The constellation of our personal motives and
our individual patterns for their achievement and satisfaction are marks which
distinguish each of us as a unique, individual personality.
The motives we have do not appear as direct
causes of behavior but may be disguised and obscure. Consider three men in a
pub, each drinking a glass of beer. One man may simply be satisfying his thirst
– drive. The second man may be in the pub in search of others to associate with
and thereby satisfy his social needs for
acceptance and recognition. The third man may be suffering from a variety of
personal problems, and is trying to drown his sorrows in the vague hope of
recovering his self – esteem. All three are apparently behaving in the same way
and yet each is achieving the satisfaction of a different need. This shows that
different motives can be satisfied by what appears as the same kind of
behaviour. On the other hand one motive may lead to many different forms and
expressions of behaviour. For a thirsty man, the half – pint at the pub is enough. To another thirsty man, many cups
of tea are the only source of satisfaction. To a third, sucking on a lemon
drop, which activates the salivary glands, may prove satisfactory. This shows
different behaviour springing from the same motive. This may be an obvious example, but the implications are far –
reaching. It may be quite difficult to decide on the different motives that
drive people to different sorts of behaviour.
We must also remember that we are often
motivated by impulses that we are not aware of. These unconscious motives govern much of our activity. We
cannot often say with accuracy why we did this or that, and not the other.
The capacity to modify and change our
responses and not to respond to instinctive drives only, is one of the
characteristics which distinguish humans from other living creatures and
machines. The plasticity or flexibility of behaviour is the way we develop what is called purpose
in life. All motives are purposeful, but, where the basic drives satisfy the
object of survival, other experiences associated with that satisfaction may
become needs and motives themselves quite independent of their original
association. The young child who has to fight for his nourishment may grow up
into an aggressive adult, as if the threat of hunger was always present in his
environment. He may generalize this aggression
towards the entire structure in which he lives.
The result of the experiences of home and
school can motivate a young person
against a particular way of life in the experiences were painful. Experiences
which are associated with pleasure will
tend to motivate a person in favour of that way of life.
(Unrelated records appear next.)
-- ===== src/Sockets/Stream.antt =====
-- src/lib/socketbase.cpp: the bytes that a reliable socket sends and receives.
use etwork.Common.{
  ℕ, zero, suc, ◌+◌, ◌^◌, ◌%◌, ◌≤◌, ◌<◌, Bool, true, false, some, List, [], ◌++◌, ◌≡◌, refl, ap,
  sym, ◌∙◌, arith, length, take, drop, ltb, ◌==◌, if◌then◌else◌, inl, inr, Bool-cases, List-cases,
  append-nil, take-append-drop, append_assoc,
}
use etwork.Common.Bytes.{add_size}
use etwork.Buffer.Run.{done}
use etwork.Buffer.Frames.{frames}
use etwork.Buffer.Invariant.{IsValid, new_impl-IsValid}
use etwork.Buffer.Wire.{contents, emptied, get_data-frames}
use etwork.Sockets.{
  EtworkSettings, Verdict, unsupported_version, too_large, accepted, fill_defaults, check_settings,
  Socket, new_socket, Outcome, moved, would_block, failed, send_success, send_pending,
  fill_writebuf, write_or_wait, do_write, close_socket,
}

-- The bytes that a socket still has to send.
abbrev pub pending : Socket → List ℕ
pending s = s.writebuf ++ frames (contents s.buf_out)

-- What goes to the system in a step.
abbrev pub sent_bytes : Outcome → List ℕ → List ℕ
sent_bytes (moved w) bytes = take w bytes
sent_bytes _ bytes = []

-- What the step goes out from: the bytes that waited, or else all frames of the buffer.
abbrev pub loaded : Socket → List ℕ
loaded s = if length s.writebuf == 0 then frames (contents s.buf_out) else s.writebuf

take_nil : (w : ℕ) → take {A = ℕ} w [] ≡ []
take_nil zero = refl
take_nil (suc w) = refl

send_pending-pending :
    (now : ℕ) (s : Socket) (o : Outcome)
    → sent_bytes o s.writebuf ++ pending (send_pending now s o).0 ≡ pending s
unfolding send_pending send_success close_socket
send_pending-pending now s (moved w) =
    sym (append_assoc (take w s.writebuf) (drop w s.writebuf) (frames (contents s.buf_out)))
    ∙ ap (λ t. t ++ frames (contents s.buf_out)) (take-append-drop w s.writebuf)
send_pending-pending now s would_block = refl
send_pending-pending now s failed = refl

write_or_wait-pending :
    (now : ℕ) (s : Socket) (o : Outcome)
    → sent_bytes o s.writebuf ++ pending (write_or_wait now o (s, some (length s.writebuf))).0
      ≡ pending s
unfolding write_or_wait
write_or_wait-pending now s o = elim (List-cases s.writebuf) [
  | inl e ↦
      let n : (length s.writebuf == 0) ≡ true = ap (λ t. length t == 0) e in
      rw n (ap (λ t. t ++ pending s) (ap (sent_bytes o) e ∙ nothing o))
  | inr (b, bs, e) ↦
      let n : (length s.writebuf == 0) ≡ false = ap (λ t. length t == 0) e ∙ positive (length bs) in
      rw n (send_pending-pending now s o)
]
  where
    nothing : (o : Outcome) → sent_bytes o [] ≡ []
    nothing (moved w) = take_nil w
    nothing would_block = refl
    nothing failed = refl

    positive : (n : ℕ) → (suc n == 0) ≡ false
    positive n = ground arith

-- With a well-formed buffer, room for writing from 3 to below 2^32, and all frames of the buffer
-- within that room: whatever send comes to, what it took, followed by what then waits, is what
-- waited before.
pub do_write-pending :
    (now : ℕ) (s : Socket) (o : Outcome)
    → IsValid s.buf_out
    → 3 ≤ s.settings.queue_size
    → s.settings.queue_size < 2 ^ 32
    → length (frames (contents s.buf_out)) < s.settings.queue_size
    → (s' : Socket) × (go_on : Bool) × (do_write now s o ≡ done (s', go_on))
      × (sent_bytes o (loaded s) ++ pending s' ≡ pending s)
unfolding do_write fill_writebuf
do_write-pending now s o v three big fits = elim (List-cases s.writebuf) [
  | inr (b, bs, e) ↦
      let n : (length s.writebuf == 0) ≡ false = ap (λ t. length t == 0) e ∙ positive (length bs) in
      let r = write_or_wait now o (s, some (length s.writebuf)) in
      (r.0, r.1, rw n refl, rw n (write_or_wait-pending now s o))
  | inl e ↦
      let n : (length s.writebuf == 0) ≡ true = ap (λ t. length t == 0) e in
      let all = frames (contents s.buf_out) in
      let s1 : Socket = record s { buf_out = emptied s.buf_out; writebuf = all } in
      let r = write_or_wait now o (s1, some (length all)) in
      (
        r.0,
        r.1,
        rw (n, get_data-frames s.buf_out s.settings.queue_size v three big fits) refl,
        rw n (write_or_wait-pending now s1 o ∙ append-nil all ∙ ap (λ t. t ++ all) (sym e)),
      )
]
  where
    positive : (n : ℕ) → (suc n == 0) ≡ false
    positive n = ground arith

-- The buffers of a socket that is made with settings that were accepted are well-formed.
abbrev pub MakesValid : (ℕ → ℕ) → Verdict → Type 0
MakesValid fill unsupported_version = Unit
MakesValid fill too_large = Unit
MakesValid fill (accepted s) =
    IsValid (new_socket fill s 0).buf_in × IsValid (new_socket fill s 0).buf_out

default_bounds :
    (n d : ℕ)
    → n < 2 ^ 31
    → 0 < d
    → d < 2 ^ 31
    → (0 < (if n == 0 then d else n)) × ((if n == 0 then d else n) < 2 ^ 31)
default_bounds n d h k l = elim (Bool-cases (n == 0)) [
  | inl e ↦ rw e (k, l)
  | inr e ↦ rw e (ground arith, h)
]

filled :
    (s : EtworkSettings)
    → s.queue_size < 2 ^ 31
    → s.max_message_size < 2 ^ 31
    → let t = fill_defaults s in
      (0 < t.queue_size)
      × (t.queue_size < 2 ^ 31)
      × (0 < t.max_message_size)
      × (t.max_message_size < 2 ^ 31)
unfolding fill_defaults
filled s q m =
    let (a, b) = default_bounds s.queue_size 4000 q (omega arith) (omega arith) in
    let (c, d) = default_bounds s.max_message_size 1400 m (omega arith) (omega arith) in
    (a, b, c, d)

made :
    (fill : ℕ → ℕ) (t : EtworkSettings)
    → (0 < t.queue_size)
      × (t.queue_size < 2 ^ 31)
      × (0 < t.max_message_size)
      × (t.max_message_size < 2 ^ 31)
    → ltb 65536 (add_size t.queue_size t.max_message_size) ≡ false
    → IsValid (new_socket fill t 0).buf_in × IsValid (new_socket fill t 0).buf_out
unfolding new_socket
made fill t (a, b, c, d) fits =
    let limits : t.queue_size + t.max_message_size ≤ 2 ^ 16 = ground arith in
    let v =
      new_impl-IsValid fill t.max_message_size t.queue_size t.max_message_count limits
        (omega arith) in
    (v, v)

-- Settings that CreateEtwork accepts give well-formed buffers, if the sizes that are asked for are
-- below 2^31 each.
pub check_settings-MakesValid :
    (fill : ℕ → ℕ) (s : EtworkSettings)
    → s.queue_size < 2 ^ 31
    → s.max_message_size < 2 ^ 31
    → MakesValid fill (check_settings s)
unfolding check_settings
check_settings-MakesValid fill s q m = elim (Bool-cases (ltb 4864 (s.etwork_version % 2 ^ 16))) [
  | inl old ↦ rw old tt
  | inr new ↦
      elim (Bool-cases
        (ltb 65536 (add_size (fill_defaults s).queue_size (fill_defaults s).max_message_size))) [
          | inl big ↦ rw (new, big) tt
          | inr fits ↦ rw (new, fits) (made fill (fill_defaults s) (filled s q m) fits)
        ]
]

-- Sizes above 0 and below 2^32 whose sum is from 2^32 to 2^32 + 65536 are accepted, under a
-- version that is supported.
pub check_settings_wraps :
    (s : EtworkSettings)
    → s.etwork_version % 2 ^ 16 ≤ 4864
    → 0 < s.queue_size
    → 0 < s.max_message_size
    → s.queue_size < 2 ^ 32
    → s.max_message_size < 2 ^ 32
    → 2 ^ 32 ≤ s.queue_size + s.max_message_size
    → s.queue_size + s.max_message_size ≤ 2 ^ 32 + 65536
    → check_settings s ≡ accepted (fill_defaults s)
unfolding check_settings fill_defaults
check_settings_wraps s v q m qs ms wide wraps =
    let new : ltb 4864 (s.etwork_version % 2 ^ 16) ≡ false = ground arith in
    let a : (s.queue_size == 0) ≡ false = ground arith in
    let b : (s.max_message_size == 0) ≡ false = ground arith in
    let small : ltb 65536 (add_size s.queue_size s.max_message_size) ≡ false = ground arith in
    rw (new, a, b, small) refl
“Homeostasis” is the name used for the
stabilizing process whereby a need sets up a type of behaviour which ceases
when the need is satisfied. Homeostasis in organisms is very much like an
automatic control system. When a homeostat is used to control the domestic
water supply, for example (when, of
course, it is called a thermostat). Then it switches on the heat when the water
reaches a lower temperature and switches it off when it reaches a higher
temperature. This is a simple example of the process of need – satisfaction and
drive – reduction, which is at the core of the whole motivational process.